Saved entries:
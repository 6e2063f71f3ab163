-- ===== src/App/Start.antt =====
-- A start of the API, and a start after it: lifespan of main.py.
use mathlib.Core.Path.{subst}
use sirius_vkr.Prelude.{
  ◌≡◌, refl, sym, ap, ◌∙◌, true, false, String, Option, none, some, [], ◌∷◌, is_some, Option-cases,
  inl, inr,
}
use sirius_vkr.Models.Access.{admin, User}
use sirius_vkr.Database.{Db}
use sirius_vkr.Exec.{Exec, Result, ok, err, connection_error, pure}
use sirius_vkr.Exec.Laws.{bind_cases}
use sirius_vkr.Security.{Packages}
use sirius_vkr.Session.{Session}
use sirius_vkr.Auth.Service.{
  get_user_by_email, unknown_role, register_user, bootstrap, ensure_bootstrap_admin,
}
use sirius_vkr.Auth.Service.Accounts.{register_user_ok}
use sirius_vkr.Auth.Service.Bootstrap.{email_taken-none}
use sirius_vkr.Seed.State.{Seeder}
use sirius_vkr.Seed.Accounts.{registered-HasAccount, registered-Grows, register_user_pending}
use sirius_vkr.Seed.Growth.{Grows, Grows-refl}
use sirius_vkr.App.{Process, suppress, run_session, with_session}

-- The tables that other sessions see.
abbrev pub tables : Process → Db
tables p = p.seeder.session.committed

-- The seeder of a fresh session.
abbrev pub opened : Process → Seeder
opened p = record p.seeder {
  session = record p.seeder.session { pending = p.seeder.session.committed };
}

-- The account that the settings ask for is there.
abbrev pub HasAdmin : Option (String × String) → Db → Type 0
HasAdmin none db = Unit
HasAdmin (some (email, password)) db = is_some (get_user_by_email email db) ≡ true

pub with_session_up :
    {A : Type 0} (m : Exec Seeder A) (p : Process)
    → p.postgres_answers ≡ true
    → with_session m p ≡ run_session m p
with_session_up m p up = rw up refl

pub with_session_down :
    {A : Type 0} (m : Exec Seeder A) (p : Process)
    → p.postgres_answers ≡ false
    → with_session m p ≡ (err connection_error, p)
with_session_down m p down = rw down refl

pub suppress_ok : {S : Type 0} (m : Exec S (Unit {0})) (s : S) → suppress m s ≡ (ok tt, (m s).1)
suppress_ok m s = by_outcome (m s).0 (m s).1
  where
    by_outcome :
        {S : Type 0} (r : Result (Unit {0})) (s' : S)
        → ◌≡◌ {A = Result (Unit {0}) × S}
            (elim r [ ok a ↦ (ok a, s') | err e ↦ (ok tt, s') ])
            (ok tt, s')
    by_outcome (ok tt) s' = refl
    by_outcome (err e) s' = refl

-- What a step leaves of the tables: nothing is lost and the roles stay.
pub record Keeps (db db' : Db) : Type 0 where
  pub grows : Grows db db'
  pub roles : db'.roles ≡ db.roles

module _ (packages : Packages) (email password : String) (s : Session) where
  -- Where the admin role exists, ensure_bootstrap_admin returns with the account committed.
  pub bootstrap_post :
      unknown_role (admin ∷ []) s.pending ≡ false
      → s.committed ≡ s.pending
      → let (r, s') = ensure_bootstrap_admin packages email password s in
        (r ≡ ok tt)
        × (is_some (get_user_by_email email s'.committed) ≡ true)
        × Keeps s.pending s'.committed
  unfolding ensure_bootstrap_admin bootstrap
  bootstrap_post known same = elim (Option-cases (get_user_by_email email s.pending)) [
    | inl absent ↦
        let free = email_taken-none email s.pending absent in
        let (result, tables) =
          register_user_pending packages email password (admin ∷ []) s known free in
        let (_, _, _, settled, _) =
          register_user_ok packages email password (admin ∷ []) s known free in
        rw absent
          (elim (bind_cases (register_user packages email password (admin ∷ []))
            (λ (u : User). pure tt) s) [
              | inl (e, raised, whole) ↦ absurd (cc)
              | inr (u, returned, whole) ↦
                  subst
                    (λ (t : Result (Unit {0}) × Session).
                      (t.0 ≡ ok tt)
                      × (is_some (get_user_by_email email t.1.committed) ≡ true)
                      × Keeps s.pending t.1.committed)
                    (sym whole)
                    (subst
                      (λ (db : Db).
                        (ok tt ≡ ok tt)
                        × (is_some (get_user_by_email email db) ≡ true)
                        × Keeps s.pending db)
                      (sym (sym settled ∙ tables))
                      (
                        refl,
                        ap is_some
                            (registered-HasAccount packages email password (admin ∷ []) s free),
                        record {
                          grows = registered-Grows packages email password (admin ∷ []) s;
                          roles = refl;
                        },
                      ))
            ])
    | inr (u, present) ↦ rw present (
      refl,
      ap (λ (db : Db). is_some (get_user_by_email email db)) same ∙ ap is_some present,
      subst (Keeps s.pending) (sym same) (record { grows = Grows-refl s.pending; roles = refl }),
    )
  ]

*PROMPT*:
Pull out every line of the entries that includes the word "Accounts".

*ANSWER SPACE*:
use sirius_vkr.Auth.Service.Accounts.{register_user_ok}
use sirius_vkr.Seed.Accounts.{registered-HasAccount, registered-Grows, register_user_pending}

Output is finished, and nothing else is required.